- Opening Delimiter -

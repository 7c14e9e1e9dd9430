-- ===== src/Bus/Pcie.antt =====
-- AetherWebOS/src/drivers/pcie.c: configuration space and the search for devices. The UART output
-- is left out; the reads for it are not.
pub mod Address
pub mod Windows
pub mod Search
use aether_webos.Prelude.{
  ℕ, zero, suc, ◌+◌, ◌-◌, ◌*◌, ◌^◌, List, [], ◌∷◌, Option, none, some, Bool, true, false, not, ◌&&◌,
  ◌||◌, ◌==◌, if◌then◌else◌, bit_and, bit_or, u16, u32, ◌<<<◌, ◌>>>◌,
}
use aether_webos.Memory.Paging.{pcie_ext_cfg_data}
use aether_webos.Bus.{Trace, Answers, mmio_read32, mmio_write32}

-- The offset of a register's word in the configuration space.
unfoldable pub config_offset : ℕ → ℕ → ℕ → ℕ → ℕ
config_offset bus dev func reg =
    bit_or
      (bit_or (bit_or (bit_and bus 0xFF <<< 20) (bit_and dev 0x1F <<< 15))
        (bit_and func 0x07 <<< 12))
      (bit_and reg 0xFFC)

unfoldable pub pcie_read_config : Answers → ℕ → ℕ → ℕ → ℕ → Trace → ℕ × Trace
pcie_read_config device bus dev func reg t =
    let (val, t') = mmio_read32 device (pcie_ext_cfg_data + config_offset bus dev func reg) t in
    let byte_offset = bit_and reg 0x3 in
    (if byte_offset == 0 then val else (val >>> (byte_offset * 8)), t')

unfoldable pub pcie_write_config : ℕ → ℕ → ℕ → ℕ → ℕ → Trace → Trace
pcie_write_config bus dev func reg val t =
    mmio_write32 (pcie_ext_cfg_data + config_offset bus dev func reg) val t

-- `pcie_dump_header` reads four rows of four registers.
unfoldable pub dump_words : ℕ → Answers → ℕ → ℕ → ℕ → ℕ → Trace → Trace
dump_words zero device bus dev func reg t = t
dump_words (suc n) device bus dev func reg t =
    dump_words n device bus dev func (reg + 4) (pcie_read_config device bus dev func reg t).1

unfoldable pub dump_rows : ℕ → Answers → ℕ → ℕ → ℕ → ℕ → Trace → Trace
dump_rows zero device bus dev func reg t = t
dump_rows (suc n) device bus dev func reg t =
    dump_rows n device bus dev func (reg + 16) (dump_words 4 device bus dev func reg t)

unfoldable pub pcie_dump_header : Answers → ℕ → ℕ → ℕ → Trace → Trace
pcie_dump_header device bus dev func t = dump_rows 4 device bus dev func 0 t

-- The functions that the registry points to.
pub data InitFn : Type 0 where
  virtio_pci_init_fn : InitFn
  xhci_init_fn : InitFn

-- `struct pci_driver`, without the name.
pub record PciDriver : Type 0 where
  pub vendor_id : ℕ
  pub device_id : ℕ
  pub class_code : ℕ
  pub init : Option InitFn

-- `driver_registry`, up to the entry without a name that ends it.
abbrev pub driver_registry : List PciDriver
driver_registry =
    record {
      vendor_id = 0x1AF4;
      device_id = 0x1000;
      class_code = 0;
      init = some InitFn.virtio_pci_init_fn;
    }
    ∷ record {
      vendor_id = 0;
      device_id = 0;
      class_code = 0x0C0330;
      init = some InitFn.xhci_init_fn;
    }
    ∷ record { vendor_id = 0x1B36; device_id = 0x0001; class_code = 0; init = none }
    ∷ []

-- `next_pci_mem_addr`, `total_pci_devices`, the accesses, and what the drivers keep.
pub record Pci (S : Type 0) : Type 0 where
  pub next_pci_mem_addr : ℕ
  pub total_pci_devices : ℕ
  pub trace : Trace
  pub drivers : S

-- `~0xF`
abbrev pub bar_mask : ℕ
bar_mask = 2 ^ 32 - 16

-- How the driver of a device is started; `none` if it does not come back.
abbrev pub Start : Type 0 → Type 0
Start S = InitFn → ℕ → ℕ → ℕ → Trace → S → Option (Trace × S)

unfoldable pub driver_matches : ℕ → ℕ → PciDriver → Bool
driver_matches vendor class_code drv =
    (not (drv.vendor_id == 0) && (vendor == drv.vendor_id))
    || (not (drv.class_code == 0) && (class_code == drv.class_code))

module _ {S : Type 0} where
  -- One round of the loop over the BARs.
  unfoldable pub assign_bar : Answers → ℕ → ℕ → ℕ → ℕ → Pci S → Pci S
  assign_bar device bus dev func bar_idx p =
      let bar_offset = 0x10 + bar_idx * 4 in
      let (bar_val, t) = pcie_read_config device bus dev func bar_offset p.trace in
      if not (bar_val == 0) && (bit_and bar_val bar_mask == 0)
      then record p {
        trace = pcie_write_config bus dev func bar_offset p.next_pci_mem_addr t;
        next_pci_mem_addr = u32 (p.next_pci_mem_addr + 0x100000);
      }
      else record p { trace = t }

  -- The rounds that are left, and the next BAR.
  unfoldable pub assign_bars : ℕ → ℕ → Answers → ℕ → ℕ → ℕ → Pci S → Pci S
  assign_bars zero bar_idx device bus dev func p = p
  assign_bars (suc n) bar_idx device bus dev func p =
      assign_bars n (bar_idx + 1) device bus dev func (assign_bar device bus dev func bar_idx p)

  abbrev pub run_init : Start S → Option InitFn → ℕ → ℕ → ℕ → Trace → S → Option (Trace × S)
  run_init start none bus dev func t s = some (t, s)
  run_init start (some f) bus dev func t s = start f bus dev func t s

  -- What is done for the driver that matches.
  unfoldable pub bind_driver : Answers → Start S → ℕ → ℕ → ℕ → PciDriver → Pci S → Option (Pci S)
  bind_driver device start bus dev func drv p =
      let q = assign_bars 6 0 device bus dev func p in
      let (word, t) = pcie_read_config device bus dev func 0x04 q.trace in
      let cmd = bit_and word 0xFFFF in
      let t' = pcie_write_config bus dev func 0x04 (bit_or cmd 0x0006) t in
      elim (run_init start drv.init bus dev func t' q.drivers) [
        | none ↦ none
        | some (t'', s) ↦ some (record q { trace = t''; drivers = s })
      ]

  unfoldable pub match_loop :
      List PciDriver → Answers → Start S → ℕ → ℕ → ℕ → ℕ → ℕ → Pci S → Option (Pci S)
  match_loop [] device start bus dev func vendor class_code p = some p
  match_loop (drv ∷ drvs) device start bus dev func vendor class_code p =
      let rest = match_loop drvs device start bus dev func vendor class_code p in
      if driver_matches vendor class_code drv
      then bind_driver device start bus dev func drv p
      else rest

  unfoldable pub pcie_probe_device : Answers → Start S → ℕ → ℕ → ℕ → Pci S → Option (Pci S)
  pcie_probe_device device start bus dev func p =
      let (id_reg, t) = pcie_read_config device bus dev func 0x00 p.trace in
      let (class_reg, t') = pcie_read_config device bus dev func 0x08 t in
      match_loop driver_registry device start bus dev func (u16 (bit_and id_reg 0xFFFF))
        (bit_and (class_reg >>> 8) 0xFFFFFF)
        (record p { total_pci_devices = u32 (p.total_pci_devices + 1); trace = t' })

  -- One round of the scan, for the device `dev`.
  unfoldable pub scan_device : Answers → Start S → ℕ → Pci S → Option (Pci S)
  scan_device device start dev p =
      let (word, t) = pcie_read_config device 0 dev 0 0x00 p.trace in
      let vendor = bit_and word 0xFFFF in
      if (vendor == 0xFFFF) || (vendor == 0x0000)
      then some (record p { trace = t })
      else pcie_probe_device device start 0 dev 0
          (record p { trace = pcie_dump_header device 0 dev 0 t })

  -- The devices that are left, and the next one; `none` if a driver does not come back.
  unfoldable pub scan_loop : ℕ → ℕ → Answers → Start S → Pci S → Option (Pci S)
  scan_loop zero dev device start p = some p
  scan_loop (suc n) dev device start p = elim (scan_device device start dev p) [
    | none ↦ none
    | some q ↦ scan_loop n (dev + 1) device start q
  ]

  unfoldable pub pcie_init : Answers → Start S → Pci S → Option (Pci S)
  pcie_init device start p = scan_loop 32 0 device start (record p { total_pci_devices = 0 })

  unfoldable pub get_total_pci_devices : Pci S → ℕ
  get_total_pci_devices p = p.total_pci_devices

- Closing Delimiter -

TASK BRIEF.
Only one stretch of the data above is needed. Restate it word for word, from the line containing "let (val, t')" through the line containing "mmio_write32 (pcie_ext_cfg_data +", both ends included.

YOUR RESPONSE.
    let (val, t') = mmio_read32 device (pcie_ext_cfg_data + config_offset bus dev func reg) t in
    let byte_offset = bit_and reg 0x3 in
    (if byte_offset == 0 then val else (val >>> (byte_offset * 8)), t')

unfoldable pub pcie_write_config : ℕ → ℕ → ℕ → ℕ → ℕ → Trace → Trace
pcie_write_config bus dev func reg val t =
    mmio_write32 (pcie_ext_cfg_data + config_offset bus dev func reg) val t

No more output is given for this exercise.